To do -
Please count the lines with the word "IsWithin" in the material below, then state the number by itself.

*** Opening Dataset excerpts ***

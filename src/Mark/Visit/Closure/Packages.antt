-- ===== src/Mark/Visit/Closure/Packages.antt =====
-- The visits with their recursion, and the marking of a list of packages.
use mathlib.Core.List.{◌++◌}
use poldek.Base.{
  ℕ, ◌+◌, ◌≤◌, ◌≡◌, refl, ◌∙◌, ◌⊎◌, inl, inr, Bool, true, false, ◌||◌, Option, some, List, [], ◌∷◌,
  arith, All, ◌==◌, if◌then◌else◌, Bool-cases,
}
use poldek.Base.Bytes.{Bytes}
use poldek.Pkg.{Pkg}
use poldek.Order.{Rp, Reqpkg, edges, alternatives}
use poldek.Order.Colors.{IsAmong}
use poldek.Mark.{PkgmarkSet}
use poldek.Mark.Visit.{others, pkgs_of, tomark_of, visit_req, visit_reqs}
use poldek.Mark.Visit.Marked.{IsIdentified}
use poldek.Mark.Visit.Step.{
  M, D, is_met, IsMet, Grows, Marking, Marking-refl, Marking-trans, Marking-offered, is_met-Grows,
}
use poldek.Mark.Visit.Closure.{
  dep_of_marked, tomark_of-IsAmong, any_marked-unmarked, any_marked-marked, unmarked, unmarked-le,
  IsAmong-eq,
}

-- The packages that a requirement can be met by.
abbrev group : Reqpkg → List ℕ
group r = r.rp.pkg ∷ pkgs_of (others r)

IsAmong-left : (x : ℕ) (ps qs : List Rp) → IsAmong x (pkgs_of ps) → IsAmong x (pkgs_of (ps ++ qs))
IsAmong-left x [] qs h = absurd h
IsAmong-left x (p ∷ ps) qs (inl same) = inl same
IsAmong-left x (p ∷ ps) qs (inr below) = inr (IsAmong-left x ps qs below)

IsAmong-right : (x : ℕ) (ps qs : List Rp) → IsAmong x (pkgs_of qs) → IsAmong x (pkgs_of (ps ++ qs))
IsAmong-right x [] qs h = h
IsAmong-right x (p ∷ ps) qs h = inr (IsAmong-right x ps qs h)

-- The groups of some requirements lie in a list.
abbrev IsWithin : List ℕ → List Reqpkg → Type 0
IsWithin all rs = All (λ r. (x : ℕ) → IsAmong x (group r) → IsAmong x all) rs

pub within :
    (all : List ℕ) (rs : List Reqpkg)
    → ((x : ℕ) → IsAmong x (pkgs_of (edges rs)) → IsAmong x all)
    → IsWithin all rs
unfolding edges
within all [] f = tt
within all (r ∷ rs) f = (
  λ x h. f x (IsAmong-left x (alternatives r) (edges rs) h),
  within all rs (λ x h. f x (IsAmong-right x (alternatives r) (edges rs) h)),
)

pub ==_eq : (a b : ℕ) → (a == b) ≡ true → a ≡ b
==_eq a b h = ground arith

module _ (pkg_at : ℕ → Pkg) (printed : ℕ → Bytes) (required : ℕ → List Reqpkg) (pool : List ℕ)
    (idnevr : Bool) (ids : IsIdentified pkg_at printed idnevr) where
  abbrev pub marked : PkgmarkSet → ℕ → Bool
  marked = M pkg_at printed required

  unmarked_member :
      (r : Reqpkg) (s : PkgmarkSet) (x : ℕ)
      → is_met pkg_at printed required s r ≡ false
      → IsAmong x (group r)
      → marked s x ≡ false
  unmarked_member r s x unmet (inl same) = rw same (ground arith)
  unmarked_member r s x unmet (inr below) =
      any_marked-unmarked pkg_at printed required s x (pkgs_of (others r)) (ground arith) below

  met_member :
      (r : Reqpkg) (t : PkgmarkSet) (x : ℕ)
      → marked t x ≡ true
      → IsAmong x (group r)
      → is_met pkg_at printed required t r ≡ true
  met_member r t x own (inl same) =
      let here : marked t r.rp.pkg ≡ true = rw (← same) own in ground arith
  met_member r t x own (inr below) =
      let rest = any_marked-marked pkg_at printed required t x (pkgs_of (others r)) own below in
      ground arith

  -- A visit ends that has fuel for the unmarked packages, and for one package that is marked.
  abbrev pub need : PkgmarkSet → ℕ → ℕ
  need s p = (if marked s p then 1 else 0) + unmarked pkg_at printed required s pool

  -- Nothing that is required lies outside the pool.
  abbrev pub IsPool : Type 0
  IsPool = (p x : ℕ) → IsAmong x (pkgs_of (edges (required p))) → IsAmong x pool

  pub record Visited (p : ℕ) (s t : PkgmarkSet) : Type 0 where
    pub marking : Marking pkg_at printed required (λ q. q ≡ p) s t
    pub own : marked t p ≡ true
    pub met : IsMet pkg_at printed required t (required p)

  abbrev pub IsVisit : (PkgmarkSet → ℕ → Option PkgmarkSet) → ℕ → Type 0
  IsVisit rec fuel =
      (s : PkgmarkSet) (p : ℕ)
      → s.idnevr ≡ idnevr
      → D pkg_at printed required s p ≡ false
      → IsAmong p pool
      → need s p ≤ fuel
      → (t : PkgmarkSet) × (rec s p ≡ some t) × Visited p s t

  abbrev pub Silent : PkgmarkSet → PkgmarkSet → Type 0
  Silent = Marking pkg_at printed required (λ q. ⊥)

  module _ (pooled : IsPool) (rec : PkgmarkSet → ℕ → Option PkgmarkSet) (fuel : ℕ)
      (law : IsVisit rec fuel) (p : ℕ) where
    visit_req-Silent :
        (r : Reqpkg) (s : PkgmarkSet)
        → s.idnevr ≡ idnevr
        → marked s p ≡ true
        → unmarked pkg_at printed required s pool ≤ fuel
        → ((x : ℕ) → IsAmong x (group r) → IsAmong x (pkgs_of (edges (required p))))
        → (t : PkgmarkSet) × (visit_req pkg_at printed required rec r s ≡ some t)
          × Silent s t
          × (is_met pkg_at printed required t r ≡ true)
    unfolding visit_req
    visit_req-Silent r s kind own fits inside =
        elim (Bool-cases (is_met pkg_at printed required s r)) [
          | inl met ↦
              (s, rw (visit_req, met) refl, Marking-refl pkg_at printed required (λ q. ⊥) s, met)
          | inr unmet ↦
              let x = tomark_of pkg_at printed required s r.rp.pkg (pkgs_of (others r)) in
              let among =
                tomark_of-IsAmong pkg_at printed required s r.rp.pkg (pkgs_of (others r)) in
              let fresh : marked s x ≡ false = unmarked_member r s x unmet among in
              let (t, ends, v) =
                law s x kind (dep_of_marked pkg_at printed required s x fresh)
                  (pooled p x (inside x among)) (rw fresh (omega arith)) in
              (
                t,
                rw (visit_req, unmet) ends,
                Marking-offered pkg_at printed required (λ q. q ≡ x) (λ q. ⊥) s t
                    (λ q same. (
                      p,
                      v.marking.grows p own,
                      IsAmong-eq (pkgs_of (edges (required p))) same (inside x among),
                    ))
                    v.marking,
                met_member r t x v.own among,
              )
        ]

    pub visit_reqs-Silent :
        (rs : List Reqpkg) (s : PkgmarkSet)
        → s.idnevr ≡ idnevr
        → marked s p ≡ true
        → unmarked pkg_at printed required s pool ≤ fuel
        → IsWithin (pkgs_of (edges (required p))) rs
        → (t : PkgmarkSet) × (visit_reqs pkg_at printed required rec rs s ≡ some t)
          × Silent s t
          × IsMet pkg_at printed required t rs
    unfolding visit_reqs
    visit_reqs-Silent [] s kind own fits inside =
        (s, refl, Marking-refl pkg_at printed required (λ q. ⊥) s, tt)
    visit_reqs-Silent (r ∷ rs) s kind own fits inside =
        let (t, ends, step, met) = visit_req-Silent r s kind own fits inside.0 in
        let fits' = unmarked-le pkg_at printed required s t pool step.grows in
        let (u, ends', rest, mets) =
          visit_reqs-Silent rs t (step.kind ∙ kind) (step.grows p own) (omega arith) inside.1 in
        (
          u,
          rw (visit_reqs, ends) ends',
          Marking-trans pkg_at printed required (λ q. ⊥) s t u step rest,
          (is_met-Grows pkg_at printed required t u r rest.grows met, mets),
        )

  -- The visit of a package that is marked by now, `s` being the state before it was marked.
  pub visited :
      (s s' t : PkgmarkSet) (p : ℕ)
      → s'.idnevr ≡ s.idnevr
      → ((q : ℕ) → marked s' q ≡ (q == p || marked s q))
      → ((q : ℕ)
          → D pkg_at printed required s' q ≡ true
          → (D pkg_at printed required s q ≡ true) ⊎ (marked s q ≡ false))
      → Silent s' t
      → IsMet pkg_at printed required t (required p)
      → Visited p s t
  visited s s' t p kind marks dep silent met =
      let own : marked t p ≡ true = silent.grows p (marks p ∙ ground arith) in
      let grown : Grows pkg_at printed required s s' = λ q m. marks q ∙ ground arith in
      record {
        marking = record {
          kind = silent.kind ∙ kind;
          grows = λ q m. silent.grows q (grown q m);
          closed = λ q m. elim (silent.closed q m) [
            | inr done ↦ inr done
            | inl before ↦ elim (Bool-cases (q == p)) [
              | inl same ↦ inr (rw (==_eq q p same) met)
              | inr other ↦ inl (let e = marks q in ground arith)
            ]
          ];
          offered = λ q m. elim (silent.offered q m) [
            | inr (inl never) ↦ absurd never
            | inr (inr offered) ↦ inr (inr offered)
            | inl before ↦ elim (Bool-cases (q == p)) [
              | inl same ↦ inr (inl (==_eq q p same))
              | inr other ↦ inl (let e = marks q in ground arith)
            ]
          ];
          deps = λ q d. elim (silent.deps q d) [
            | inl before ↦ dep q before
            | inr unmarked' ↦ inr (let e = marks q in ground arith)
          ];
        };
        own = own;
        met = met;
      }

*** Closing Dataset excerpts ***
*** Opening Dataset excerpts ***

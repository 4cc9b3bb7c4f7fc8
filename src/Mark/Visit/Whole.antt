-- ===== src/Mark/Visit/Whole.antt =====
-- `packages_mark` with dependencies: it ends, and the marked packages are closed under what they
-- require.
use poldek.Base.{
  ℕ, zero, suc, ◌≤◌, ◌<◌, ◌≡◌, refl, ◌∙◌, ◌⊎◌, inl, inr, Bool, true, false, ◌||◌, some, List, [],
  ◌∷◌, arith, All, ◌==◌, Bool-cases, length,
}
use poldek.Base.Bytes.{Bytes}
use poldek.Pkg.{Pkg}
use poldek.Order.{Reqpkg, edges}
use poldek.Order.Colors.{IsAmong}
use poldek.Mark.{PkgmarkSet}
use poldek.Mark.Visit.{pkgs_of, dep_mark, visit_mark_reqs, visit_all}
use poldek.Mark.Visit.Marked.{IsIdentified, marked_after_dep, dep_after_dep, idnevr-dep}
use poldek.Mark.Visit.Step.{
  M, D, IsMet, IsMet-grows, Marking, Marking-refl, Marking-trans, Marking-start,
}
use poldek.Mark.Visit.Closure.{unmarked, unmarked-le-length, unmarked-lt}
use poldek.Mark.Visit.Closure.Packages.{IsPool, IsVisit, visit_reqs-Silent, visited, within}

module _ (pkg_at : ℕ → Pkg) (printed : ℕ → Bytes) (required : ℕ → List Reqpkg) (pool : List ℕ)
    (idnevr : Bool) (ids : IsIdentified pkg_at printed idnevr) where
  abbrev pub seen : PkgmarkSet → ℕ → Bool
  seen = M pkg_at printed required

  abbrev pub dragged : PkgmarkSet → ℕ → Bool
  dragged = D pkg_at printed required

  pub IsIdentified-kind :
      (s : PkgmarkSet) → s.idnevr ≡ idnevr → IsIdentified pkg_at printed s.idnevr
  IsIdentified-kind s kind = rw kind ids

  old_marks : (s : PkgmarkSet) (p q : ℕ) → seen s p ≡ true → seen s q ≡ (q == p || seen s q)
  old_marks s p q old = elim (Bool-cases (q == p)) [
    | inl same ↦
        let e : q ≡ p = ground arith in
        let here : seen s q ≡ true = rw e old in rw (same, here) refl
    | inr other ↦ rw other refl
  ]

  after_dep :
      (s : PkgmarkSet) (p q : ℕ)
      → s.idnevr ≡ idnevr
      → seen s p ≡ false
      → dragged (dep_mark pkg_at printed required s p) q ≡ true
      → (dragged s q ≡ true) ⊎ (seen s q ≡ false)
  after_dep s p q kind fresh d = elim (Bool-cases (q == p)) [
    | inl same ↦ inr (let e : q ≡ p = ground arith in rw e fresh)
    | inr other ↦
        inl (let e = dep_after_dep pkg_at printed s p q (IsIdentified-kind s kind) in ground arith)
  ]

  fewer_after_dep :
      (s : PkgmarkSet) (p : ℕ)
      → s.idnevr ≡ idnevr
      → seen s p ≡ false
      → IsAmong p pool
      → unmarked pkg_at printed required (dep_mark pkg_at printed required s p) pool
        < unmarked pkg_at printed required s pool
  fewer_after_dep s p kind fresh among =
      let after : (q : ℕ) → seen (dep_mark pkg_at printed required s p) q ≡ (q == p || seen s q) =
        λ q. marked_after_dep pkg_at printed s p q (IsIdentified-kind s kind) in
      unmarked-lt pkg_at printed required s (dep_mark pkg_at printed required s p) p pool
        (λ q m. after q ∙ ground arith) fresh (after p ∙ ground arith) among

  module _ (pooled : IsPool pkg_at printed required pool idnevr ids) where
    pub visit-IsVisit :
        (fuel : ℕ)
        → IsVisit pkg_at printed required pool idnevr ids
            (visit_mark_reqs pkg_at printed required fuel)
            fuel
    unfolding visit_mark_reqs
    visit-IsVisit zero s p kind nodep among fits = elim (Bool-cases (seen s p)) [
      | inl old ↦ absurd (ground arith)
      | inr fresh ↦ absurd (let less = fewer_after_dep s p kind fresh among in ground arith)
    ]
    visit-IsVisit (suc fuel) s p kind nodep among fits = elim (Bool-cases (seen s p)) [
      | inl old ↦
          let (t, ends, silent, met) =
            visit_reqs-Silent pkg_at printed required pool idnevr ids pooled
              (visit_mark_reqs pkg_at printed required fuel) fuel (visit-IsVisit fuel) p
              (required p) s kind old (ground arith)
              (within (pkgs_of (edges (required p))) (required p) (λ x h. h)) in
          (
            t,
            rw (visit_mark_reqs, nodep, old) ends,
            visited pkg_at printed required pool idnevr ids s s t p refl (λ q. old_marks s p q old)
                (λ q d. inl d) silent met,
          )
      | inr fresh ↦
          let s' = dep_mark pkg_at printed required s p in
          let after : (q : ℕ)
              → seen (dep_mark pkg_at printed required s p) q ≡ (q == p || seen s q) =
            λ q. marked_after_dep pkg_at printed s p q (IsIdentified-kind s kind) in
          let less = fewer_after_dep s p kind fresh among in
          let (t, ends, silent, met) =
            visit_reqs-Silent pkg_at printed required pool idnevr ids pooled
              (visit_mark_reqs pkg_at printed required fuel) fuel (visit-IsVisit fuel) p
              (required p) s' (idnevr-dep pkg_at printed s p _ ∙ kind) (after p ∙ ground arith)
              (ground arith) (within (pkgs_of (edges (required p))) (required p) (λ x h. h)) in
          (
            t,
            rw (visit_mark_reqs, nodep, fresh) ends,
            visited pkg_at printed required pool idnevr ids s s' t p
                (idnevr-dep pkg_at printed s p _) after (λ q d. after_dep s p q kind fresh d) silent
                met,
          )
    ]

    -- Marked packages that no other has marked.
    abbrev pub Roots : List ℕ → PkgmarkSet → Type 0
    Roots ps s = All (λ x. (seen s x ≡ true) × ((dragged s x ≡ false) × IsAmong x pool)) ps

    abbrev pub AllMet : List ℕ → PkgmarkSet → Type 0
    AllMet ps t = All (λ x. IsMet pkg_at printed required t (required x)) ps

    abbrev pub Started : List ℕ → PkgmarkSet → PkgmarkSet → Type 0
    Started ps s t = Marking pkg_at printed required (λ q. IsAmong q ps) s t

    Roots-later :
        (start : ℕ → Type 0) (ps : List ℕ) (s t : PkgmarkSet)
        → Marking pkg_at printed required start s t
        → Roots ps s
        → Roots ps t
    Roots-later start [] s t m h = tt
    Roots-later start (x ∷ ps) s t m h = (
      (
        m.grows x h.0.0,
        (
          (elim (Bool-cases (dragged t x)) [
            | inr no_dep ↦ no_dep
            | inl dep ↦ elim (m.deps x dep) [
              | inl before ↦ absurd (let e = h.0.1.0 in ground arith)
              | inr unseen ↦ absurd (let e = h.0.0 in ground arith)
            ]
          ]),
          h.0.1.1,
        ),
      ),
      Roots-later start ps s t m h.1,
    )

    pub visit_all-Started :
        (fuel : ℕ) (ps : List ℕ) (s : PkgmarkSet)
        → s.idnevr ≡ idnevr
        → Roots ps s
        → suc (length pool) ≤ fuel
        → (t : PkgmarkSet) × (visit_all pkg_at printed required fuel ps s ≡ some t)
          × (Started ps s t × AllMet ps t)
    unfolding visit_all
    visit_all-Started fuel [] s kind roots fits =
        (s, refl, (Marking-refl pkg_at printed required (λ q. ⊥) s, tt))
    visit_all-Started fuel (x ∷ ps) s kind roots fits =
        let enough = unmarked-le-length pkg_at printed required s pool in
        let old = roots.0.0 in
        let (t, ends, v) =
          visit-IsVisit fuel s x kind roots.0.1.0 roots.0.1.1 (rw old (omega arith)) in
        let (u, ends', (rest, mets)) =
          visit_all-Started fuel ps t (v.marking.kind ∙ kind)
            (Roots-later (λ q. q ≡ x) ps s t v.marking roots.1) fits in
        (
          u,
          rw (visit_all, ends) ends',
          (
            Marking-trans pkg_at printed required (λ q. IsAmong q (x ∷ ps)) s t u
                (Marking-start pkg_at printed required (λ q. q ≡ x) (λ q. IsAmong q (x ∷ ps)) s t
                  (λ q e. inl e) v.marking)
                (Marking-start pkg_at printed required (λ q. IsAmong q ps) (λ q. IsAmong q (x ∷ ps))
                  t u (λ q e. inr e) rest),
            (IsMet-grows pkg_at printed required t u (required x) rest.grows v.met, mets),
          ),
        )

*** Closing Dataset excerpts ***

Output for this exercise -
4